=== Given data ===

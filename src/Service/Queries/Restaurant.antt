-- ===== src/Service/Queries/Restaurant.antt =====
-- The three queries of app/analytics/service/analytics.service.go on the days of a restaurant: when
-- they answer, and what.
use quickbite_analytics_serv.Base.{
  String, ◌≡◌, refl, sym, ap, ◌∙◌, ◌⊎◌, ◌↔◌, inl, inr, true, Bool-cases, Option, some, List, map,
  if◌then◌else◌,
}
use quickbite_analytics_serv.Base.Int.{ℤ, pos, ltb_ℤ}
use quickbite_analytics_serv.Base.Text.{codes, lex_leb}
use quickbite_analytics_serv.Errors.{Err, app, Result, ok, err, Result-cases}
use quickbite_analytics_serv.Exec.{Exec, ◌>>=◌, ◌>>◌, pure, lift}
use quickbite_analytics_serv.Types.{
  RestaurantDayRow, FailureRow, DeliveryAvgRow, err_tenant_mismatch,
}
use quickbite_analytics_serv.Rbac.Claims.{Claims}
use quickbite_analytics_serv.Repository.Entity.{AggRestaurantDay}
use quickbite_analytics_serv.Repository.Interfaces.{AnalyticsService}
use quickbite_analytics_serv.Service.Dates.{Date, parse_date, validate_range}
use quickbite_analytics_serv.Service.Dates.Order.{validate_range_iff}
use quickbite_analytics_serv.Service.Access.{can_access_restaurant}
use quickbite_analytics_serv.Service.Access.Laws.{can_access_restaurant_iff}
use quickbite_analytics_serv.Service.Queries.{
  Float64, safe_avg, failure_rate, require_restaurant, restaurant_day_row, failure_row,
  delivery_avg_row, query_restaurant_days, query_failures, query_delivery_avg,
}

-- What the rows of the answers say of a stored row.
abbrev pub day_of : AggRestaurantDay → RestaurantDayRow
day_of r = record {
  date = r.date;
  orders_count = r.orders_count;
  revenue_minor = r.revenue_sum;
  currency = r.currency;
  avg_order_minor = safe_avg r.revenue_sum r.orders_count;
}

-- the share of the rejections in the orders, 0 where there are none
abbrev pub failure_of : {F : Type 0} → Float64 F → AggRestaurantDay → FailureRow F
failure_of f r = record {
  date = r.date;
  orders_count = r.orders_count;
  rejected_count = r.rejected_count;
  failure_rate =
      if ltb_ℤ (pos 0) r.orders_count
      then f.divide (f.of_int64 r.rejected_count) (f.of_int64 r.orders_count)
      else f.zero;
}

abbrev pub delivery_of : AggRestaurantDay → DeliveryAvgRow
delivery_of r = record {
  date = r.date;
  deliveries_counted = r.delivery_ms_count;
  avg_delivery_ms = safe_avg r.delivery_ms_sum r.delivery_ms_count;
}

module _ {W : Type 0} (s : AnalyticsService W) (ctx : Option Claims) (id : ℤ) (from to : String)
    (w : W) where
  -- The caller may see the restaurant, the dates are real and in order, and the repository found
  -- `rows`.
  abbrev pub Found : List AggRestaurantDay → W → Type 0
  Found rows w' =
      ((c : Claims) × (ctx ≡ some c) × ((c.role ≡ "system_admin") ⊎ (c.restaurant_id ≡ some id)))
      × ((f : Date) × (t : Date) × (parse_date from ≡ ok f)
          × (parse_date to ≡ ok t)
          × (lex_leb (codes from) (codes to) ≡ true))
      × (s.restaurant_repo.find_by_restaurant_in_range id from to w ≡ (ok rows, w'))

  -- the body that the three queries share
  abbrev scan : {A : Type 0} → (AggRestaurantDay → A) → Exec W (List A)
  scan g = do
    require_restaurant s ctx id
    lift (validate_range from to)
    rows ← s.restaurant_repo.find_by_restaurant_in_range id from to
    pure (map g rows)

  scan_iff :
      {A : Type 0} (g : AggRestaurantDay → A) (answer : List A) (w' : W)
      → (scan g w ≡ (ok answer, w'))
        ↔ ((rows : List AggRestaurantDay) × Found rows w' × (answer ≡ map g rows))
  scan_iff {A} g answer w' = (answered, back)
    where
      find : Result (List AggRestaurantDay) × W
      find = s.restaurant_repo.find_by_restaurant_in_range id from to w

      failed : Err → W → Result (List A) × W
      failed e v = (err e, v)

      no_answer : {D : Type 0} (e : Err) (v : W) → failed e v ≡ (ok answer, w') → D
      no_answer e v given =
          let impossible : err e ≡ ok answer = ap (λ (x : Result (List A) × W). x.0) given in cc

      of_find :
          (r : Result (List AggRestaurantDay)) (v : W)
          → find ≡ (r, v)
          → can_access_restaurant ctx id ≡ true
          → validate_range from to ≡ ok tt
          → scan g w ≡ (ok answer, w')
          → (rows : List AggRestaurantDay) × Found rows w' × (answer ≡ map g rows)
      of_find (ok rows) v found allowed valid h =
          let given : (ok (map g rows), v) ≡ (ok answer, w') = rw (allowed, valid, found) at h in
          let first : ok (map g rows) ≡ ok answer = ap (λ (x : Result (List A) × W). x.0) given in
          let same : map g rows ≡ answer = cc in
          let same_world : v ≡ w' = ap (λ (x : Result (List A) × W). x.1) given in
          (
            rows,
            (
              (can_access_restaurant_iff ctx id).0 allowed,
              (validate_range_iff from to).0 valid,
              found ∙ ap (λ x. (ok rows, x)) same_world,
            ),
            sym same,
          )
      of_find (err e) v found allowed valid h =
          let given : (err e, v) ≡ (ok answer, w') = rw (allowed, valid, found) at h in
          no_answer e v given

      answered :
          scan g w ≡ (ok answer, w')
          → (rows : List AggRestaurantDay) × Found rows w' × (answer ≡ map g rows)
      answered h = elim (Bool-cases (can_access_restaurant ctx id)) [
        | inl allowed ↦ elim (Result-cases (validate_range from to)) [
          | inl (done, valid) ↦ of_find find.0 find.1 refl allowed valid h
          | inr (e, invalid) ↦
              let given : (err e, w) ≡ (ok answer, w') = rw (allowed, invalid) at h in
              no_answer e w given
        ]
        | inr denied ↦
            let given : (err (app err_tenant_mismatch), w) ≡ (ok answer, w') = rw denied at h in
            no_answer (app err_tenant_mismatch) w given
      ]

      back :
          (rows : List AggRestaurantDay) × Found rows w' × (answer ≡ map g rows)
          → scan g w ≡ (ok answer, w')
      back (rows, (tenant, range, found), same) =
          rw
            (
              (can_access_restaurant_iff ctx id).1 tenant,
              (validate_range_iff from to).1 range,
              found,
            )
            (ap (λ a. (ok a, w')) (sym same))

  -- The three queries on the days of a restaurant answer with rows exactly if the caller is a system
  -- administrator or has that restaurant, the two dates are real and in order, and the repository
  -- found stored rows for the restaurant and the dates. They answer one row for each stored row, in
  -- their order, whose columns are those of the stored row with its average order, its share of
  -- rejections, and its average delivery.
  pub restaurant_queries_iff :
      {F : Type 0} (fl : Float64 F) (days : List RestaurantDayRow) (failures : List (FailureRow F))
      (averages : List DeliveryAvgRow) (w' : W)
      → ((query_restaurant_days s ctx (record { restaurant_id = id; from = from; to = to }) w
            ≡ (ok days, w'))
          ↔ ((rows : List AggRestaurantDay) × Found rows w' × (days ≡ map day_of rows)))
        × ((query_failures s ctx fl (record { restaurant_id = id; from = from; to = to }) w
              ≡ (ok failures, w'))
            ↔ ((rows : List AggRestaurantDay) × Found rows w'
                × (failures ≡ map (failure_of fl) rows)))
        × ((query_delivery_avg s ctx (record { restaurant_id = id; from = from; to = to }) w
              ≡ (ok averages, w'))
            ↔ ((rows : List AggRestaurantDay) × Found rows w' × (averages ≡ map delivery_of rows)))
  unfolding query_restaurant_days query_failures query_delivery_avg restaurant_day_row failure_row
      failure_rate delivery_avg_row
  restaurant_queries_iff fl days failures averages w' = (
    scan_iff day_of days w',
    scan_iff (failure_of fl) failures w',
    scan_iff delivery_of averages w',
  )
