-- ===== src/Service/Stored.antt =====
-- The write side of the service over MongoDB: the methods of app/analytics/service on the
-- repositories of app/analytics/repository.
use quickbite_analytics_serv.Base.{String, ◌≡◌, true}
use quickbite_analytics_serv.Base.Int.{◌+ℤ◌}
use quickbite_analytics_serv.Errors.{ok}
use quickbite_analytics_serv.Mongo.{Mongo}
use quickbite_analytics_serv.Mongo.Values.{Time}
use quickbite_analytics_serv.Mongo.Rows.{Counter}
use quickbite_analytics_serv.Mongo.Laws.{UpsertLaws}
use quickbite_analytics_serv.Types.{OnOrderPlacedInput, OnOrderRejectedInput, OnOrderDeliveredInput}
use quickbite_analytics_serv.Repository.Indexes.{all_indexes}
use quickbite_analytics_serv.Repository.Interfaces.{distinct_products}
use quickbite_analytics_serv.Repository.Stores.{new_analytics_service}
use quickbite_analytics_serv.Repository.Counting.{mongo_laws}
use quickbite_analytics_serv.Repository.Counting.Upsert.{counted_in}
use quickbite_analytics_serv.Rows.{Row, total_for}
use quickbite_analytics_serv.Rows.Changes.{
  sale_changes, rejection_changes, delivery_changes, at_least_zero,
}
use quickbite_analytics_serv.Service.Writes.{on_order_placed, on_order_rejected, on_order_delivered}
use quickbite_analytics_serv.Service.WriteEffects.{
  on_order_placed-Adds, on_order_rejected-Adds, on_order_delivered-Adds,
}

module _ {W : Type 0} (m : Mongo W) (laws : UpsertLaws m all_indexes)
    (utc_date : Time → String) where
  -- Over a MongoDB that keeps the laws of upserts under the service's indexes, an accepted order of
  -- distinct products adds to the stored documents exactly what the abstract rows say: one order
  -- and its total on its restaurant's, branch's and region's rows of the day, and each item on its
  -- product's row. No other counter of any row changes.
  pub stored_order_placed :
      (i : OnOrderPlacedInput)
      → distinct_products i.items ≡ true
      → (w : W) → (on_order_placed (new_analytics_service m) utc_date i w).0 ≡ ok tt
      → (r : Row) (k : Counter)
      → counted_in m laws (on_order_placed (new_analytics_service m) utc_date i w).1 r k
        ≡ counted_in m laws w r k
          +ℤ total_for r k (
              sale_changes i.restaurant_id i.branch_id
                (utc_date i.placed_at)
                i.country_code
                i.currency
                i.total
                i.items)
  unfolding mongo_laws
  stored_order_placed = on_order_placed-Adds (new_analytics_service m) (mongo_laws m laws) utc_date

  -- An accepted rejection adds one to the rejected counter of the stored rows of its restaurant,
  -- branch and region, and changes no other counter of any row.
  pub stored_order_rejected :
      (i : OnOrderRejectedInput) (w : W)
      → (on_order_rejected (new_analytics_service m) utc_date i w).0 ≡ ok tt
      → (r : Row) (k : Counter)
      → counted_in m laws (on_order_rejected (new_analytics_service m) utc_date i w).1 r k
        ≡ counted_in m laws w r k
          +ℤ total_for r k (
              rejection_changes i.restaurant_id i.branch_id
                (utc_date i.rejected_at)
                i.country_code
                i.currency)
  unfolding mongo_laws
  stored_order_rejected =
      on_order_rejected-Adds (new_analytics_service m) (mongo_laws m laws) utc_date

  -- An accepted delivery adds its latency, 0 where that is negative, and one delivery to the stored
  -- rows of its restaurant, branch and region, and changes no other counter of any row.
  pub stored_order_delivered :
      (i : OnOrderDeliveredInput) (w : W)
      → (on_order_delivered (new_analytics_service m) utc_date i w).0 ≡ ok tt
      → (r : Row) (k : Counter)
      → counted_in m laws (on_order_delivered (new_analytics_service m) utc_date i w).1 r k
        ≡ counted_in m laws w r k
          +ℤ total_for r k (
              delivery_changes i.restaurant_id i.branch_id
                (utc_date i.delivered_at)
                i.country_code
                i.currency
                (at_least_zero i.delivery_ms))
  unfolding mongo_laws
  stored_order_delivered =
      on_order_delivered-Adds (new_analytics_service m) (mongo_laws m laws) utc_date
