-- ===== src/Tests.antt =====
-- The theorems at concrete inputs, over a store in memory.
pub mod Memory
pub mod Data
pub mod Writes
pub mod Events
pub mod Answers
pub mod Effects
pub mod Stream
pub mod Messaging
pub mod Boot
pub mod Queries
pub mod Rbac
pub mod Concurrent
pub mod Routes
pub mod Clients
pub mod Backfill
pub mod Command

===

-- Task objective --
Given the records above, restate word for word only the lines starting at the one with "avg_delivery_ms = safe_avg" and ending at the one with "lift (validate_range from to)".

-- Your solution --
  avg_delivery_ms = safe_avg r.delivery_ms_sum r.delivery_ms_count;
}

module _ {W : Type 0} (s : AnalyticsService W) (ctx : Option Claims) (id : ℤ) (from to : String)
    (w : W) where
  -- The caller may see the restaurant, the dates are real and in order, and the repository found
  -- `rows`.
  abbrev pub Found : List AggRestaurantDay → W → Type 0
  Found rows w' =
      ((c : Claims) × (ctx ≡ some c) × ((c.role ≡ "system_admin") ⊎ (c.restaurant_id ≡ some id)))
      × ((f : Date) × (t : Date) × (parse_date from ≡ ok f)
          × (parse_date to ≡ ok t)
          × (lex_leb (codes from) (codes to) ≡ true))
      × (s.restaurant_repo.find_by_restaurant_in_range id from to w ≡ (ok rows, w'))

  -- the body that the three queries share
  abbrev scan : {A : Type 0} → (AggRestaurantDay → A) → Exec W (List A)
  scan g = do
    require_restaurant s ctx id
    lift (validate_range from to)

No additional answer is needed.